Cette déclaration a été suivie par celle du Président du Comité créé en vertu de la résolution 2206 (2015) sur l’interdiction de voyager et le gel des avoirs imposés à tout responsable ou complice d’activités ou de politiques faisant peser une menace sur la paix, la sécurité ou la stabilité au Soudan du Sud. M. CRISTIAN BARROS a indiqué que le Groupe d’experts chargé d’aider son Comité à remplir son mandat a présenté un rapport intérimaire recommandant que, pour réaliser les objectifs de la résolution 2206 et changer le calcul des parties au conflit, la liste des personnes tombant sous le coup des sanctions s’élargisse à celles qui ont la faculté de perpétuer le conflit ou d’y mettre fin, qui en profitent économiquement et politiquement et qui sont responsables de crimes graves en vertu du droit international et des droits de l’homme.
Le Groupe d’experts recommande aussi que le Conseil de sécurité impose un embargo total et général sur les armes au Soudan du Sud. Le Conseil devrait également exhorter l’Union africaine à rendre public le rapport de sa Commission d’enquête, sans plus de délai et quel que soit l’issue du processus de l’Autorité intergouvernementale pour le développement (IGAD). Il s’agirait là de connaître ceux qui commettent des violations. Le Coordonnateur du Groupe d’experts a prévenu que ce qui s’est passé le 17 août n’est que la dernière de la dizaine de fois, depuis le début de 2014, où l’une ou l’autre partie ne s’est pas tenue au délai fixé, au niveau international, pour la fin du conflit. Si toutes les parties signaient un accord, la question primordiale ne serait pas seulement celle de sa mise en œuvre et de la fin de la violence, mais aussi celle de la promotion de la réconciliation nationale et d’un règlement politique inclusif et durable, y compris l’établissement des responsabilités pour les crimes graves commis pendant la guerre. Le Coordonnateur du Groupe d’experts a aussi prévenu que le rôle des sanctions, envisagé par la résolution 2206, serait tout aussi essentiel pendant cette période voire plus.
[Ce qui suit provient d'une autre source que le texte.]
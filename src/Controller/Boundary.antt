-- ===== src/Controller/Boundary.antt =====
-- src/controller/automatic-recovery.ts: the authorization of a recovery with no human decision, and the
-- check that a retry for a Provider still stands before any side effect.
use herdr_harness_lite.Controller.Action.{
  ◌>>=◌, ◌>>◌, Action, require, pure, attempt, perform, next_id,
}
use herdr_harness_lite.Model.Diagnostic.{runtime_side_effect_boundary_from, SafeRuntimeDiagnostic}
use herdr_harness_lite.Model.Incident.{
  AutomaticRecoveryCandidate, Approval, Incident, ProviderScope, AnalystAdvice, pre_dispatch,
  AutomaticRecovery, same_head, integrity_violation, policy_rule, controller, provider_transient,
  of_lane, rule_of, provider_pre_side_effect_transient, approval_basis_eq, fingerprint_of,
  automatic_recovery_rule_eq, incident_lane_eq,
}
use herdr_harness_lite.Controller.Ports.{
  Deps, Outcome, SideEffectCheck, ok, AttemptSideEffectInspection, throw,
}
use herdr_harness_lite.Model.Job.{Job, HarnessState, WorktreeHandle, recovery_approved, evolve_job}
use herdr_harness_lite.Base.{
  Option, String, Bool, none, ◌==◌, false, some, not, if◌then◌else◌, ◌&&◌, map, ◌++◌, is_none, ◌∷◌,
  option_eq, true, ◌/=◌, string_eq, [],
}
use herdr_harness_lite.Controller.Context.{
  block, save_job, BlockInput, TickResult, result, recovery_applied, auto_recovery_authorized,
}
use herdr_harness_lite.Policy.Automatic.{Authorized, anchor_of, recoveries_of, provider_of}
use herdr_harness_lite.Model.Attempt.{Attempt}
use herdr_harness_lite.Base.Text.{◌<>◌}
use herdr_harness_lite.Model.Encode.{rule_text, action_text}
use herdr_harness_lite.Controller.Integrity.{by_lane}
use herdr_harness_lite.Model.Snapshot.{lane_eq}

abbrev scope_of : AutomaticRecoveryCandidate → Option ProviderScope
scope_of (pre_dispatch f) = none
scope_of (same_head f) = none
scope_of (provider_transient f scope) = some scope

-- The approval that an authorized recovery records.
unfoldable pub policy_approval :
    Job → Incident → Option AnalystAdvice → Authorized → String → String → Approval
policy_approval job incident advice automatic id at = record {
  id = id;
  job_revision = job.revision;
  incident_id = incident.id;
  analysis_id = elim advice [ none ↦ none | some a ↦ some a.id ];
  action = automatic.action;
  basis = some policy_rule;
  policy_rule_name = some (rule_of automatic.candidate);
  fingerprint = some (fingerprint_of automatic.candidate);
  actor = "harness:auto-recovery";
  reason = rule_text (rule_of automatic.candidate);
  created_at = at;
  consumed_at = none;
}

-- The entry of `automaticRecoveries`: the approval with the Attempt, and the scope of a Provider.
unfoldable pub recovery_entry : Approval → Authorized → AutomaticRecovery
recovery_entry approval automatic =
    let scope = scope_of automatic.candidate in
    record {
      approval = approval;
      attempt_id = automatic.attempt_id;
      scope_fingerprint = elim scope [ none ↦ none | some p ↦ some p.scope_fingerprint ];
      lane = elim scope [ none ↦ none | some p ↦ some p.lane ];
      head_sha = elim scope [ none ↦ none | some p ↦ some p.head_sha ];
      provider = elim scope [ none ↦ none | some p ↦ some p.provider ];
      failure_code = elim scope [ none ↦ none | some p ↦ some p.failure_code ];
      not_before = elim scope [ none ↦ none | some p ↦ some p.not_before ];
    }

abbrev pub recovery_granted : Option AnalystAdvice → Approval → AutomaticRecovery → Job → Job
recovery_granted advice approval entry j = record j {
  state = recovery_approved;
  analysis = advice;
  approval = some approval;
  automatic_recoveries = some (recoveries_of j ++ (entry ∷ []));
}

-- `job.approval` is that of the Provider's rule.
abbrev pub is_provider_approval : Job → Bool
is_provider_approval job = elim job.approval [
  | none ↦ false
  | some a ↦
      a.basis == some policy_rule && a.policy_rule_name == some provider_pre_side_effect_transient
]

-- The diagnostic reports a boundary, and nothing that crosses it.
abbrev is_clear : Option SafeRuntimeDiagnostic → Bool
is_clear none = false
is_clear (some d) = elim (runtime_side_effect_boundary_from d) [
  | none ↦ false
  | some b ↦
      not b.tool_execution_started
      && not b.durable_result_present
      && not b.worktree_changed
      && not b.commit_created
]

-- The tests of the boundary but that of the result's file.
unfoldable pub boundary_stands : Incident → Attempt → ProviderScope → Bool
unfolding runtime_side_effect_boundary_from
boundary_stands incident a scope =
    incident.attempt_id == some a.id
    && incident.lane == of_lane a.lane
    && scope.lane == a.lane
    && scope.head_sha == anchor_of a
    && provider_of a == some scope.provider
    && elim incident.runtime_diagnostic [
      | none ↦ false
      | some d ↦ d.failure_code == scope.failure_code
    ]
    && is_clear incident.runtime_diagnostic

-- The Attempt and the worktree of a Provider's retry whose boundary stands.
unfoldable pub boundary_of : Job → Option (Attempt × WorktreeHandle)
unfolding boundary_stands
boundary_of job = elim job.incident [
  | none ↦ none
  | some incident ↦ elim incident.automatic_recovery [
    | none ↦ none
    | some candidate ↦ elim (scope_of candidate) [
      | none ↦ none
      | some scope ↦ elim job.active_attempt [
        | none ↦ none
        | some a ↦ elim job.worktree [
          | none ↦ none
          | some w ↦ if boundary_stands incident a scope then some (a, w) else none
        ]
      ]
    ]
  ]
]

module _ {E : Type 0} (deps : Deps E) where
  unfoldable pub grant_automatic :
      HarnessState
      → Job
      → Incident
      → Option AnalystAdvice
      → Authorized
      → String
      → String
      → Action E TickResult
  unfolding save_job policy_approval recovery_entry
  grant_automatic state job incident advice automatic at id =
      let approval = policy_approval job incident advice automatic id at in
      save_job deps state job
        (evolve_job job at (recovery_granted advice approval (recovery_entry approval automatic)))
      >> pure (
          result true auto_recovery_authorized job (
            rule_text (rule_of automatic.candidate)
            <> " authorized one fresh "
            <> action_text automatic.action))

  unfoldable pub authorize_automatic_recovery :
      HarnessState
      → Job
      → Incident
      → Option AnalystAdvice
      → Authorized
      → String
      → Action E TickResult
  unfolding grant_automatic
  authorize_automatic_recovery state job incident advice automatic at =
      require
        (not (is_none advice && rule_of automatic.candidate /= provider_pre_side_effect_transient))
        "only deterministic pre-side-effect Provider recovery may omit Analyst advice"
      >> (next_id deps "approval" >>= grant_automatic state job incident advice automatic at)

  -- `existsSync(path)`
  unfoldable pub exists : String → Action E Bool
  exists path s = (ok (deps.ports.file_exists path s.env), s)

  abbrev pub crossed : Job → String → BlockInput
  crossed job summary = record {
    block_class = integrity_violation;
    lane = elim job.active_attempt [ none ↦ controller | some a ↦ of_lane a.lane ];
    summary = summary;
    attempt_result = elim job.active_attempt [ none ↦ none | some a ↦ a.result ];
    ci_failure = none;
    automatic_recovery = none;
    runtime_diagnostic = none;
  }

  -- A block as the answer of a check.
  abbrev pub refuse : HarnessState → Job → BlockInput → Action E (Option TickResult)
  refuse state job input = block deps state job input >>= λ r. pure (some r)

  unfoldable pub on_inspected :
      HarnessState
      → Job
      → Attempt
      → Outcome AttemptSideEffectInspection
      → Action E (Option TickResult)
  unfolding block
  on_inspected state job a (throw message) = pure (
      some (
        result false recovery_applied job
          ("automatic Provider retry Git check is retryable: " <> message)))
  on_inspected state job a (ok o) =
      if not o.worktree_changed && not o.commit_created
      then pure none
      else refuse state job (
          by_lane integrity_violation a.lane
            "automatic Provider retry found worktree or commit side effects after the runtime receipt"
            a.result none)

  abbrev pub boundary_check : Job → Attempt → WorktreeHandle → SideEffectCheck
  boundary_check job a w = record {
    worktree = w;
    expected_head_sha = anchor_of a;
    allowed_result_paths = map (λ x. x.result_path) job.attempts ++ (a.result_path ∷ []);
  }

  abbrev pub crossed_boundary : HarnessState → Job → Action E (Option TickResult)
  crossed_boundary state job =
      refuse state job
        (crossed job "automatic Provider retry crossed or lost its pre-side-effect boundary")

  unfoldable pub check_boundary :
      HarnessState → Job → Attempt → WorktreeHandle → Bool → Action E (Option TickResult)
  unfolding block on_inspected
  check_boundary state job a w is_there =
      if is_there
      then crossed_boundary state job
      else attempt (perform (deps.ports.inspect_side_effects (boundary_check job a w)))
        >>= on_inspected state job a

  unfoldable pub verify_provider_boundary : HarnessState → Job → Action E (Option TickResult)
  unfolding block check_boundary boundary_of exists
  verify_provider_boundary state job =
      if not (is_provider_approval job) then pure none else elim (boundary_of job) [
        | none ↦ crossed_boundary state job
        | some (a, w) ↦ exists a.result_path >>= check_boundary state job a w
      ]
Le Président du Comité des sanctions a avoué qu’au sein de son organe, plusieurs délégations ont rejeté la recommandation concernant le rapport de la Commission d’enquête de l’Union africaine. Une délégation a demandé d’étudier plus avant l’idée d’un embargo sur les armes, rejetant en outre l’option d’une
justice de transition au Soudan du Sud. Le Comité a pris note de la seule recommandation qui lui était adressée à savoir l’inscription d’autres noms sur la liste des personnes tombant sur le coup des sanctions. Le 1er juillet, il a ainsi inclus six individus qui sont désormais interdits de voyager et ont leurs avoirs gelés. Le Président du Comité a conclu en annonçant son intention de se rendre au Soudan du Sud dès le mois de novembre.